Task description :: Give again, word for word, every line below from the one that has "-- The threading" through the one that has "read_threading-threading_props thread_replies source", both included, and no others.

Available data ::

-- ===== src/Filter/RoundTrip.antt =====
-- e-util/e-filter-rule.c: a whole rule that is written as XML and read back, in a context that has the
-- templates of its parts.
use mathlib.Core.List.{append_assoc, append-nil}
use e_mail_factory.Base.{
  ℕ, ◌-◌, ◌≡◌, refl, sym, ap, ◌∙◌, Text, codes, text_eq, option_beq_iff, nat_beq, nat_beq_iff, Bool,
  true, false, List, [], ◌∷◌, ◌++◌, length, All, Option, none, some, lookup, arith,
}
use e_mail_factory.Filter.{
  ElementClass, FilterPart, FilterRule, Grouping, group_all, group_any, Threading, thread_none,
  thread_all, thread_replies, thread_replies_parents, thread_single, RuleContext,
}
use e_mail_factory.Filter.Parts.{find_part, part_clone, or_empty}
use e_mail_factory.Filter.Rules.{
  emit_changed, add_part, eq_parts, rule_eq, rule_new, threading_code,
}
use e_mail_factory.Filter.Copies.{emit_changed-fields, bool_beq_refl, grouping_beq_refl}
use e_mail_factory.Filter.Xml.{Xml, node_name, node_children, get_prop, Titles}
use e_mail_factory.Filter.Files.{
  ElementXml, part_xml_encode, part_xml_decode, encode_parts, encode_children, rule_xml_encode,
  load_part, load_set, decode_child, decode_children, filter_rule_xml_decode, rule_xml_decode,
  grouping_text, threading_props, bool_text, read_enabled, read_grouping, read_threading,
}
use e_mail_factory.Filter.Restoring.{IsInstance, part_eq-part_xml_decode}

read_enabled-bool_text :
    (enabled : Bool) (rest : List (Text × Text))
    → read_enabled (lookup (codes "enabled") ((codes "enabled", bool_text enabled) ∷ rest))
      ≡ enabled
unfolding lookup
read_enabled-bool_text true rest = refl
read_enabled-bool_text false rest = refl

read_grouping-grouping_text : (g : Grouping) → read_grouping (grouping_text g) ≡ g
read_grouping-grouping_text group_all = refl
read_grouping-grouping_text group_any = refl

-- The threading and the source are found among the attributes that are written.
read_threading-threading_props :
    (t : Threading) (source : Text)
    → let props = threading_props t ++ (codes "source", source) ∷ [] in
      (read_threading (lookup (codes "threading") props) ≡ t)
      × (lookup (codes "source") props ≡ some source)
unfolding lookup
read_threading-threading_props thread_none source = (refl, refl)
read_threading-threading_props thread_all source = (refl, refl)
read_threading-threading_props thread_replies source = (refl, refl)
read_threading-threading_props thread_replies_parents source = (refl, refl)
read_threading-threading_props thread_single source = (refl, refl)

module _ {ℓ} {E : Type ℓ} ⦃c : ElementClass E⦄ ⦃x : ElementXml E⦄ where
  -- The template of the part is among these, under its name.
  abbrev pub IsKnown : List (ℕ × FilterPart E) → ℕ × FilterPart E → Type ℓ
  IsKnown templates part =
      (name : Text) × (template : ℕ × FilterPart E) × (part.1.name ≡ some name)
      × (find_part name templates ≡ some template)
      × IsInstance template.1 part.1

  get_prop-part_xml_encode :
      (part : FilterPart E) (name : Text)
      → part.name ≡ some name
      → (get_prop (codes "name") (part_xml_encode part) ≡ some name)
        × (node_name (part_xml_encode part) ≡ codes "part")
  unfolding part_xml_encode lookup
  get_prop-part_xml_encode part name named = (ap (λ n. some (or_empty n)) named, refl)

  module _ (titles : Titles) (addresses : ℕ → ℕ) (context : RuleContext E) where
    load_part-known :
        (work : Xml) (rule : FilterRule E) (name : Text) (template : ℕ × FilterPart E)
        → node_name work ≡ codes "part"
        → get_prop (codes "name") work ≡ some name
        → nat_beq rule.frozen 0 ≡ false
        → find_part name context.parts ≡ some template
        → load_part titles addresses context work rule ≡ record rule {
          parts =
              rule.parts
              ++ (addresses (length rule.parts), part_xml_decode work (part_clone template.1)) ∷ [];
        }
    unfolding load_part add_part emit_changed
    load_part-known work rule name template kind named frozen found =
        rw (kind) (rw (named) (rw (found) (rw (frozen) refl)))

    load_set-known :
        (parts : List (ℕ × FilterPart E)) (rule : FilterRule E)
        → nat_beq rule.frozen 0 ≡ false
        → All (IsKnown context.parts) parts
        → (read : List (ℕ × FilterPart E)) × (load_set titles addresses context
              (encode_parts parts)
              rule
            ≡ record rule { parts = rule.parts ++ read })
          × (eq_parts read parts ≡ true)
    unfolding load_set encode_parts eq_parts
    load_set-known [] rule frozen known = (
      [],
      ap (λ (ps : List (ℕ × FilterPart E)). record rule { parts = ps })
          (sym (append-nil rule.parts)),
      refl,
    )
    load_set-known ((a, part) ∷ parts) rule frozen ((name, template, named, found, made), known) =
        let work = part_xml_encode part in
        let own : ℕ × FilterPart E =
          (addresses (length rule.parts), part_xml_decode work (part_clone template.1)) in
        let encoded = get_prop-part_xml_encode part name named in
        let step = load_part-known work rule name template (encoded.1) (encoded.0) frozen found in
        let (read, reads, same) =
          load_set-known parts (record rule { parts = rule.parts ++ own ∷ [] }) frozen known in
        (
          own ∷ read,
          rw (step, load_set, encode_parts)
              (reads
                ∙ ap (λ (ps : List (ℕ × FilterPart E)). record rule { parts = ps })
                    (append_assoc rule.parts (own ∷ []) read)),
          ground (arith, same, part_eq-part_xml_decode template.1 part made),
        )

    -- The attributes of a rule are read as they were written.
    filter_rule_xml_decode-attributes :
        (rule start : FilterRule E) (source : Text)
        → rule.source ≡ some source
        → let node = rule_xml_encode titles rule in
          filter_rule_xml_decode titles addresses context true node start
          ≡ some (
              decode_children titles addresses context (node_children node) (record start {
                name = none;
                enabled = rule.enabled;
                grouping = rule.grouping;
                threading = rule.threading;
                source = some source;
              }))
    unfolding filter_rule_xml_decode rule_xml_encode lookup
    filter_rule_xml_decode-attributes rule start source named =
        let threaded = read_threading-threading_props rule.threading source in
        rw (named) (
          rw (read_enabled-bool_text rule.enabled []) (
            rw (read_grouping-grouping_text rule.grouping)
              (rw (threaded.0) (rw (threaded.1) refl))))

    -- The title and the parts of a rule are read as they were written.
    decode_children-encoded :
        (rule start : FilterRule E) (name : Text)
        → rule.name ≡ some name
        → titles.gettext (titles.set_content (titles.markup_escape name)) ≡ name
        → nat_beq start.frozen 0 ≡ false
        → start.name ≡ none
        → All (IsKnown context.parts) rule.parts
        → (read : List (ℕ × FilterPart E)) × (decode_children titles addresses context
              (node_children (rule_xml_encode titles rule))
              start
            ≡ record start { name = some name; parts = start.parts ++ read })
          × (eq_parts read rule.parts ≡ true)
    unfolding decode_children decode_child rule_xml_encode encode_children
    decode_children-encoded rule start name named kept frozen fresh known =
        let (read, reads, same) =
          load_set-known rule.parts (record start { name = some name }) frozen known in
        (read, rw (named) (rw (fresh) (rw (kept) reads)), same)

    -- A rule that has a name and a source is written as XML and read into a new rule, in a context that
    -- knows the templates of its parts and has threading, where the name survives escaping and
    -- translation: reading succeeds, and the new rule is equal to the one that was written, of the same
    -- threading and the same parts.
    pub rule_xml_decode-rule_xml_encode :
        (rule : FilterRule E) (name source : Text)
        → rule.name ≡ some name
        → rule.source ≡ some source
        → titles.gettext (titles.set_content (titles.markup_escape name)) ≡ name
        → All (IsKnown context.parts) rule.parts
        → (out : FilterRule E) × (rule_xml_decode titles addresses context true
              (rule_xml_encode titles rule)
              rule_new
            ≡ some out)
          × (rule_eq out rule ≡ true)
    unfolding rule_xml_decode rule_eq
    rule_xml_decode-rule_xml_encode rule name source named sourced kept known =
        let finish : Option (FilterRule E) → Option (FilterRule E) = λ r. elim r [
          | none ↦ none
          | some read ↦ some (emit_changed (record read { frozen = read.frozen - 1 }))
        ] in
        let start : FilterRule E = record rule_new {
          frozen = 1;
          enabled = rule.enabled;
          grouping = rule.grouping;
          threading = rule.threading;
          source = some source;
        } in
        let (read, reads, same) =
          decode_children-encoded rule start name named kept refl refl known in
        let out : FilterRule E = record start { name = some name; parts = read; frozen = 0 } in
        (
          emit_changed out,
          ap finish (
              filter_rule_xml_decode-attributes rule (record rule_new { frozen = 1 }) source sourced
              ∙ ap some reads),
          emit_changed-fields (λ r. rule_eq r rule ≡ true) out
              λ n. ground (
                arith,
                bool_beq_refl rule.enabled,
                grouping_beq_refl rule.grouping,
                nat_beq_iff (threading_code rule.threading) (threading_code rule.threading),
                (option_beq_iff (some name) rule.name).1 (sym named),
                (option_beq_iff (some source) rule.source).1 (sym sourced),
                same,
              ),
        )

Answer below ::
-- The threading and the source are found among the attributes that are written.
read_threading-threading_props :
    (t : Threading) (source : Text)
    → let props = threading_props t ++ (codes "source", source) ∷ [] in
      (read_threading (lookup (codes "threading") props) ≡ t)
      × (lookup (codes "source") props ≡ some source)
unfolding lookup
read_threading-threading_props thread_none source = (refl, refl)
read_threading-threading_props thread_all source = (refl, refl)
read_threading-threading_props thread_replies source = (refl, refl)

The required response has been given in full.